Compiler: A source code to machine code translator

Figure 1.1: Compiler: A source code to machine code translator

We talk about three languages when we discuss a compiler 1. Source Language: Any high level programming language in which we want to write our programs. 2. Target Language: Language that can be executed on the machine usually the machine language. 3. Implementation Language: Language used to write the code of compiler.

In our case, we will be using * Classroom object oriented language (COOL) as the source language * Target language will be the machine language * Implementation language will be Python

1.3 Why should we study Compiler?

  1. To become a better programmer: A compiler is a beautiful combination of theory and practice. You will get a chance to implement various phases of compilation. All these phases comprise of various algorithms and you will implement these algorithms in code. This will sharpen your programming skills and boost your confidence.
  2. To create your own tools: Many of the real world applications use one or more of the algorithms implemented in compiler. For example many word processors and code IDE’s implement parser to give useful tips to writers.
  3. To implement your own language: There are many situations in which designing a new language is the best solution. These languages are usually called Domain Specific Languages. For example, HTML is a domain specific language use to share information over internet.
  4. To contribute to existing compilers: There are many open source compiler projects and hundreds of people are contributing to them to extend the functionality of the compilers.

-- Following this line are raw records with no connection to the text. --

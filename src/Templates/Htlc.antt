-- ===== src/Templates/Htlc.antt =====
-- crates/kovanica-state/src/htlc.rs
use kovanica_node.Common.{
  ℕ, List, ◌++◌, Result, ok, err, ◌==◌, if◌then◌else◌, length, take, drop, to_le_bytes,
  from_le_bytes, bytes_eq,
}
use kovanica_node.Crypto.{Crypto}

abbrev pub htlc_script_len : ℕ
htlc_script_len = 100

pub data HtlcScriptError : Type 0 where
  wrong_length invalid_recipient_key invalid_sender_key duplicate_keys : HtlcScriptError

pub record HtlcScript : Type 0 where
  pub preimage_hash : List ℕ
  pub recipient_pk : List ℕ
  pub sender_pk : List ℕ
  pub timeout : ℕ

module _ (c : Crypto) where
  unfoldable pub new : List ℕ → List ℕ → List ℕ → ℕ → Result HtlcScriptError HtlcScript
  new preimage_hash recipient_pk sender_pk timeout =
      if c.valid_key recipient_pk
      then (if c.valid_key sender_pk
          then (if bytes_eq recipient_pk sender_pk
              then err duplicate_keys
              else ok (record {
                preimage_hash = preimage_hash;
                recipient_pk = recipient_pk;
                sender_pk = sender_pk;
                timeout = timeout;
              }))
          else err invalid_sender_key)
      else err invalid_recipient_key

  unfoldable pub parse : List ℕ → Result HtlcScriptError HtlcScript
  parse bytes =
      if length bytes == htlc_script_len
      then new (take 32 bytes) (take 32 (drop 32 bytes)) (take 32 (drop 64 bytes))
          (from_le_bytes (take 4 (drop 96 bytes)))
      else err wrong_length

unfoldable pub to_bytes : HtlcScript → List ℕ
to_bytes s = s.preimage_hash ++ (s.recipient_pk ++ (s.sender_pk ++ to_le_bytes 4 s.timeout))
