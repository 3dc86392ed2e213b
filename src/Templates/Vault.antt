-- ===== src/Templates/Vault.antt =====
-- crates/kovanica-state/src/vault.rs
use kovanica_node.Common.{
  ℕ, ◌&&◌, List, ◌++◌, Result, ok, err, ◌==◌, if◌then◌else◌, length, take, drop, to_le_bytes,
  from_le_bytes,
}
use kovanica_node.Crypto.{Crypto}

abbrev pub vault_template_len : ℕ
vault_template_len = 40

pub data VaultScriptError : Type 0 where
  wrong_length no_lock invalid_owner_key : VaultScriptError

pub record VaultScript : Type 0 where
  pub unlock_height : ℕ
  pub csv : ℕ
  pub owner_pk : List ℕ

module _ (c : Crypto) where
  unfoldable pub new : ℕ → ℕ → List ℕ → Result VaultScriptError VaultScript
  new unlock_height csv owner_pk =
      if unlock_height == 0 && csv == 0
      then err no_lock
      else if c.valid_key owner_pk
      then ok (record { unlock_height = unlock_height; csv = csv; owner_pk = owner_pk })
      else err invalid_owner_key

  unfoldable pub parse : List ℕ → Result VaultScriptError VaultScript
  parse bytes =
      if length bytes == vault_template_len
      then new (from_le_bytes (take 4 bytes)) (from_le_bytes (take 4 (drop 4 bytes)))
          (take 32 (drop 8 bytes))
      else err wrong_length

unfoldable pub to_bytes : VaultScript → List ℕ
to_bytes s = to_le_bytes 4 s.unlock_height ++ (to_le_bytes 4 s.csv ++ s.owner_pk)
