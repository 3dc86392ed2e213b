-- ===== src/Ledger.antt =====
-- crates/kovanica-state/src/ledger.rs: the transition of one block. `apply_regular` is in Authorise
-- (the witness of one input), Inputs (the checks of the inputs), Assets (conservation) and Apply
-- (the effects, the coinbase and the block).
pub mod Authorise
pub mod Inputs
pub mod Assets
pub mod Apply
pub mod Coinbase
pub mod Emission
pub mod Block
pub mod Conservation
pub mod Passed
pub mod Effect
pub mod Regular
pub mod Atomicity
pub mod Runs
pub mod Refused
pub mod Supply
pub mod Issuance
pub mod Unbond
use kovanica_node.Common.{ℕ, Bool, true, false, Option, List, [], ◌∷◌, Result, ok, err, and_then}
use kovanica_node.Crypto.{Crypto}
use kovanica_node.Tx.{TxId, OutPoint, AssetId, Transaction}
use kovanica_node.Tx.Encode
use kovanica_node.Stake.{StakeError}
use kovanica_node.Templates.Multisig.{MultisigError}
use kovanica_node.Templates.Htlc.{HtlcScriptError}
use kovanica_node.Templates.Vault.{VaultScriptError}

abbrev pub max_supply : ℕ
max_supply = 9020000000000000

abbrev pub fee_producer_num : ℕ
fee_producer_num = 1

abbrev pub fee_producer_den : ℕ
fee_producer_den = 4

-- The reason of an invalid redeem script, which the source renders as text.
pub data Reason : Type 0 where
  multisig : MultisigError → Reason
  htlc : HtlcScriptError → Reason
  vault : VaultScriptError → Reason
  script_v2_parse_failed : Reason

-- The errors that the transition of a block returns. `panicked` is no error value of the source: it
-- stands for a panic, which stops the call.
pub data LedgerError : Type 0 where
  missing_input duplicate_input output_already_exists : OutPoint → LedgerError
  bad_signature script_hash_mismatch duplicate_signature htlc_preimage_mismatch :
      TxId → ℕ → LedgerError
  value_overflow panicked : LedgerError
  empty_transaction zero_value_output misplaced_coinbase : TxId → LedgerError
  coinbase_overspend : ℕ → ℕ → LedgerError
  supply_cap_exceeded : ℕ → ℕ → ℕ → LedgerError
  coinbase_immature : OutPoint → ℕ → ℕ → ℕ → LedgerError
  stake : TxId → StakeError → LedgerError
  invalid_witness_count : TxId → ℕ → ℕ → ℕ → LedgerError
  invalid_redeem_script : TxId → ℕ → Reason → LedgerError
  bad_signature_size : TxId → ℕ → ℕ → LedgerError
  pre_activation_multisig pre_activation_native_token : TxId → ℕ → ℕ → LedgerError
  pre_activation_stealth pre_activation_script_v2 : TxId → ℕ → ℕ → LedgerError
  pre_activation_htlc pre_activation_vault : TxId → ℕ → ℕ → LedgerError
  asset_not_conserved : TxId → Option AssetId → ℕ → ℕ → LedgerError
  htlc_timeout_not_reached : TxId → ℕ → ℕ → ℕ → LedgerError
  non_final_transaction : TxId → ℕ → ℕ → LedgerError
  non_final_relative_sequence : TxId → OutPoint → ℕ → ℕ → ℕ → LedgerError
  vault_absolute_not_reached : TxId → ℕ → ℕ → ℕ → LedgerError
  vault_relative_not_reached : TxId → ℕ → ℕ → ℕ → ℕ → LedgerError

abbrev pub Ledger : Type 0 → Type 0
Ledger A = Result LedgerError A

infixl 5 ◌>>=◌
abbrev pub ◌>>=◌ : {A B : Type 0} → Ledger A → (A → Ledger B) → Ledger B
ok a >>= f = f a
err e >>= f = err e

-- `return Err(e)` under a condition.
abbrev pub fail_if : Bool → LedgerError → Ledger (Unit {0})
fail_if true e = err e
fail_if false e = ok tt

-- The activation scores, which the source passes one by one.
pub record Activation : Type 0 where
  pub multisig_score : ℕ
  pub native_token_score : ℕ
  pub stealth_score : ℕ
  pub script_v2_score : ℕ
  pub htlc_score : ℕ
  pub vault_score : ℕ

unfoldable pub id : Crypto → Transaction → TxId
id c tx = record { bytes = c.blake3 (Encode.encode tx) }

unfoldable pub sighash : Crypto → Transaction → List ℕ
sighash c tx = c.blake3 (Encode.encode_into false tx)
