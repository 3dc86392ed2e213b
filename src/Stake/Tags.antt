-- ===== src/Stake/Tags.antt =====
-- The tags that mark a bond and an unbond.
use kovanica_node.Common.{
  ℕ, ◌+◌, Bool, ◌||◌, not, Option, none, some, ◌↔◌, List, ◌++◌, ◌==◌, if◌then◌else◌, length, take,
  drop, bytes_eq, ◌≡◌, subst, arith, length-append, length-take, length-drop, drop-drop, take-drop,
  bytes_eq_iff, take-append_left, drop-append_left,
}
use kovanica_node.Tx.{AssetId}
use kovanica_node.Stake.{bond_prefix, unbond_prefix}

unfoldable pub bond_tag : AssetId → List ℕ → List ℕ
bond_tag asset_id vrf_pk = bond_prefix ++ (asset_id.bytes ++ vrf_pk)

unfoldable pub parse_bond_tag : List ℕ → Option (AssetId × List ℕ)
parse_bond_tag tag =
    if not (length tag == 4 + 32 + 32) || not (bytes_eq (take 4 tag) bond_prefix)
    then none
    else some (record { bytes = take 32 (drop 4 tag) }, drop (4 + 32) tag)

unfoldable pub is_unbond_tag : List ℕ → Bool
is_unbond_tag tag = bytes_eq tag unbond_prefix

parse_bond_tag-bond_tag :
    (asset_id : AssetId) (vrf_pk : List ℕ)
    → length asset_id.bytes ≡ 32
    → length vrf_pk ≡ 32
    → parse_bond_tag (bond_tag asset_id vrf_pk) ≡ some (asset_id, vrf_pk)
unfolding parse_bond_tag bond_tag bytes_eq
parse_bond_tag-bond_tag asset_id vrf_pk la lv =
    let front : take 32 (asset_id.bytes ++ vrf_pk) ≡ asset_id.bytes =
      subst (λ n. take n (asset_id.bytes ++ vrf_pk) ≡ asset_id.bytes) la
        (take-append_left asset_id.bytes vrf_pk) in
    let back : drop 32 (asset_id.bytes ++ vrf_pk) ≡ vrf_pk =
      subst (λ n. drop n (asset_id.bytes ++ vrf_pk) ≡ vrf_pk) la
        (drop-append_left asset_id.bytes vrf_pk) in
    grind (arith, front, back, length-append asset_id.bytes vrf_pk)

bond_tag-parse_bond_tag :
    (tag : List ℕ) (asset_id : AssetId) (vrf_pk : List ℕ)
    → parse_bond_tag tag ≡ some (asset_id, vrf_pk)
    → (bond_tag asset_id vrf_pk ≡ tag) × ((length asset_id.bytes ≡ 32) × (length vrf_pk ≡ 32))
unfolding parse_bond_tag bond_tag bytes_eq
bond_tag-parse_bond_tag tag asset_id vrf_pk e =
    let size : length tag ≡ 68 = grind arith in
    let start : take 4 tag ≡ bond_prefix = grind (arith, bytes_eq_iff (take 4 tag) bond_prefix) in
    let key : asset_id.bytes ≡ take 32 (drop 4 tag) = grind arith in
    let pk : vrf_pk ≡ drop 36 tag = grind arith in
    let whole : (asset_id.bytes ++ vrf_pk) ≡ drop 4 tag =
      grind (arith, take-drop 32 (drop 4 tag), drop-drop 4 32 tag) in
    (
      grind (arith, whole, start, take-drop 4 tag),
      (
        grind (arith, length-take 32 (drop 4 tag), length-drop 4 tag),
        grind (arith, length-drop 36 tag),
      ),
    )

-- A tag parses to an asset and a key exactly if it is their bond tag and both have 32 bytes.
pub parse_bond_tag_iff :
    (tag : List ℕ) (asset_id : AssetId) (vrf_pk : List ℕ)
    → (parse_bond_tag tag ≡ some (asset_id, vrf_pk))
      ↔ ((bond_tag asset_id vrf_pk ≡ tag) × ((length asset_id.bytes ≡ 32) × (length vrf_pk ≡ 32)))
parse_bond_tag_iff tag asset_id vrf_pk = (
  bond_tag-parse_bond_tag tag asset_id vrf_pk,
  λ h.
      subst (λ t. parse_bond_tag t ≡ some (asset_id, vrf_pk)) h.0
        (parse_bond_tag-bond_tag asset_id vrf_pk h.1.0 h.1.1),
)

1.4 Structure of a Compiler

There are two major parts of a compiler: 1. Front End 2. Back End

Structure of a compiler

Figure 1.2: Structure of a compiler

The responsibility of the front end is to make sure that source program is error free. So, in case of an error it is its responsibility to inform the programmer about the error and pin point the location of the error. If there are no errors in the source code, front end converts the source code in an intermediate representation (IR).

Intermediate representation is usually a low level language. More on it later.

Back end works on the intermediate language code and tries to optimize it for performance. After optimization it generates the executable code that can be executed by the host machine.

1.5 Stages of Compilation

Following are the five main stages of compilation:

  1. Lexical Analysis
  2. Syntax Analysis
  3. Semantic Analysis
  4. Code Optimization
  5. Code Generation

First three of these are the analysis phase of compilation and are collectively called Front End. Last two of them are the synthesis phase and are collectively called Back End.

Stages of a Compiler

Figure 1.3: Stages of a Compiler

1.5.1 Lexical Analysis

The job of lexical analyzer is to read the source program, character by character, and converts it into tokens. A token is a minimal unit defined by a language.

Lexical Analysis

Figure 1.4: Lexical Analysis

The other names used for a lexical analyzer are tokenizer and scanner.

1.5.2 Syntax Analysis

As is evident from its name, its responsibility is to check the syntax of the source program and verify that it follows the rules prescribed by the grammar. It demands tokens from the lexical analyzer and then constructs a tree usually called abstract syntax tree as an output if there is no syntax error in the code.
Syntax Analysis

Figure 1.5: Syntax Analysis

1.5.3 Semantic Analysis

Its job is to look for semantic errors in the program. Semantic errors are errors like using a variable without declaring it or type mismatch errors in expressions. If the code is error free, it is converted into an intermediate representation.

1.5.4 Code Optimization

It looks for opportunities to improve the efficiency of the code. The efficiency can be measures both in terms of the time and memory. This is the most research intensive phase and a lot of researchers work on finding these optimization opportunities. Removing the dead / unreachable code is an example of one such optimization.

1.5.5 Code Generation

Its role is to convert the optimized intermediate level code to the executable code. Some of its tasks are register allocation and instruction scheduling.